**Directions for this task**. What you return must be every line below that includes the word "started".

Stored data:
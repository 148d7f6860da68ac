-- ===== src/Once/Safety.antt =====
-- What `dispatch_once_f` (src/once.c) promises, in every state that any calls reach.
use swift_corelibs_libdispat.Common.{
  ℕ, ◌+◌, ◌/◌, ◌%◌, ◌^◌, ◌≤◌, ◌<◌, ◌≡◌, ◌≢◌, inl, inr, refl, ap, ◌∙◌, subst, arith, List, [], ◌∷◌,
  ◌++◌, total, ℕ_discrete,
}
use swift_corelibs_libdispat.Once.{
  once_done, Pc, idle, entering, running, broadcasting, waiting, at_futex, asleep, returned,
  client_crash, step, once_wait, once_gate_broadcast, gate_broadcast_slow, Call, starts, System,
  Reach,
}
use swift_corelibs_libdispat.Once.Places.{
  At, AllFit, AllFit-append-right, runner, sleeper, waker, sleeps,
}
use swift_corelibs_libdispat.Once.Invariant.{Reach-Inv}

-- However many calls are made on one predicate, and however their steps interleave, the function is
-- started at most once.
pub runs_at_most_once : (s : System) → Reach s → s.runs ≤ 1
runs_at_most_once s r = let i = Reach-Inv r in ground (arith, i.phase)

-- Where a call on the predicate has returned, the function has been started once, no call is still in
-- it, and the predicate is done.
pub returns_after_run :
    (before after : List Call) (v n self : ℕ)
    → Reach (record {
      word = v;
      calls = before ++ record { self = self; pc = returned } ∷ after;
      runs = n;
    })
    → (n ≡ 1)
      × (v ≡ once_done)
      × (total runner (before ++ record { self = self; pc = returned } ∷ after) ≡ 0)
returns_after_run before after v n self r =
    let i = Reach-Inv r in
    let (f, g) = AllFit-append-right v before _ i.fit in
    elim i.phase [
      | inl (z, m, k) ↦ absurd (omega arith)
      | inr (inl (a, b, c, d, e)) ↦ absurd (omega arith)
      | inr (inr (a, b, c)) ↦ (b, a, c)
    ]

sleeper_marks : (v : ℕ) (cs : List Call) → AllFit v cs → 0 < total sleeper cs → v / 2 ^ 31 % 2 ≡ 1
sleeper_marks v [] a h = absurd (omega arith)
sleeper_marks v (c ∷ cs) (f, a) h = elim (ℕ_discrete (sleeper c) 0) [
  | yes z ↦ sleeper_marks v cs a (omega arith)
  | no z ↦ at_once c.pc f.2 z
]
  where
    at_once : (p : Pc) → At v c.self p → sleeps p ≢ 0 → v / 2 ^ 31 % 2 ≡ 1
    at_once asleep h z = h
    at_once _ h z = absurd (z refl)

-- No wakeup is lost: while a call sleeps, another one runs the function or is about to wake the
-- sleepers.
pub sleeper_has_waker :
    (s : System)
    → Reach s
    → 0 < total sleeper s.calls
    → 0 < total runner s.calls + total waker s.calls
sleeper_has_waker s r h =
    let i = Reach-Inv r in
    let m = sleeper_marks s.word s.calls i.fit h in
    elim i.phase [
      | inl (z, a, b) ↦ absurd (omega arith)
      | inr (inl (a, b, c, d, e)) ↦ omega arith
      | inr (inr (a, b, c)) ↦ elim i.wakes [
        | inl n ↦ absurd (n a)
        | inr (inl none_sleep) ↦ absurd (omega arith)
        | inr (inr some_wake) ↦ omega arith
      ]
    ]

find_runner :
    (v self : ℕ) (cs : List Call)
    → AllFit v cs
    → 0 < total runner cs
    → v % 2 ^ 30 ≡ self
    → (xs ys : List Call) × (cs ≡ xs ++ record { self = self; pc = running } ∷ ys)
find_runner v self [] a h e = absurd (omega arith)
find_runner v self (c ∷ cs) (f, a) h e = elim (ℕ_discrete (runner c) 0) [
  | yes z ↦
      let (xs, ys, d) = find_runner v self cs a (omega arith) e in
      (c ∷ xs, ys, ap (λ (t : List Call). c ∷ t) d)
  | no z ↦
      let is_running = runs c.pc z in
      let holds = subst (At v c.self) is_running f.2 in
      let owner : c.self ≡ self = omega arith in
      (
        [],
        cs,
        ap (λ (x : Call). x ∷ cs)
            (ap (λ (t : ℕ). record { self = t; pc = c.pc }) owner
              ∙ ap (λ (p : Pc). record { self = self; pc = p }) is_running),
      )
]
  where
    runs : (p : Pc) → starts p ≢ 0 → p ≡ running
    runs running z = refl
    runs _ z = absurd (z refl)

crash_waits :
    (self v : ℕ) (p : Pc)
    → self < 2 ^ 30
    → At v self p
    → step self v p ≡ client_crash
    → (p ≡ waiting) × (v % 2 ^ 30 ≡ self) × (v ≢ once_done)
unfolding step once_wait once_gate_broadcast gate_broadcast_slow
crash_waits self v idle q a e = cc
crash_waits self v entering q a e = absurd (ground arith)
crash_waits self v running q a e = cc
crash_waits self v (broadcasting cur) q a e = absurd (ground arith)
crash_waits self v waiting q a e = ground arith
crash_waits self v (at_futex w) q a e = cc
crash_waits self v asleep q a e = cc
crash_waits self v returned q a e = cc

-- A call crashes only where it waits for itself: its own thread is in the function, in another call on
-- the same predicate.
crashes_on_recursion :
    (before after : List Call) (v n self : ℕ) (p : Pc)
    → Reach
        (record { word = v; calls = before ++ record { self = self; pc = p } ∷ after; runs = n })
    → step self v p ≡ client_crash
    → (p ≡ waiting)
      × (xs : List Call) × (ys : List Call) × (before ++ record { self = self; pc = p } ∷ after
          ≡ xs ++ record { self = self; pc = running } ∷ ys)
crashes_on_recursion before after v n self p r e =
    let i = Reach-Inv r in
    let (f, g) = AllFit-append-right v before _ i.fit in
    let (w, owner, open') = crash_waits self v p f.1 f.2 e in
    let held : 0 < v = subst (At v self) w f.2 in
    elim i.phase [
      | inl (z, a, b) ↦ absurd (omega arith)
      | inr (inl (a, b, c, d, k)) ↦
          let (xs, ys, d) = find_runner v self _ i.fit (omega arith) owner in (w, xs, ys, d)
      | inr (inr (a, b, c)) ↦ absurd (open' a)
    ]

**Solution to the exercise**.
-- started at most once.
-- Where a call on the predicate has returned, the function has been started once, no call is still in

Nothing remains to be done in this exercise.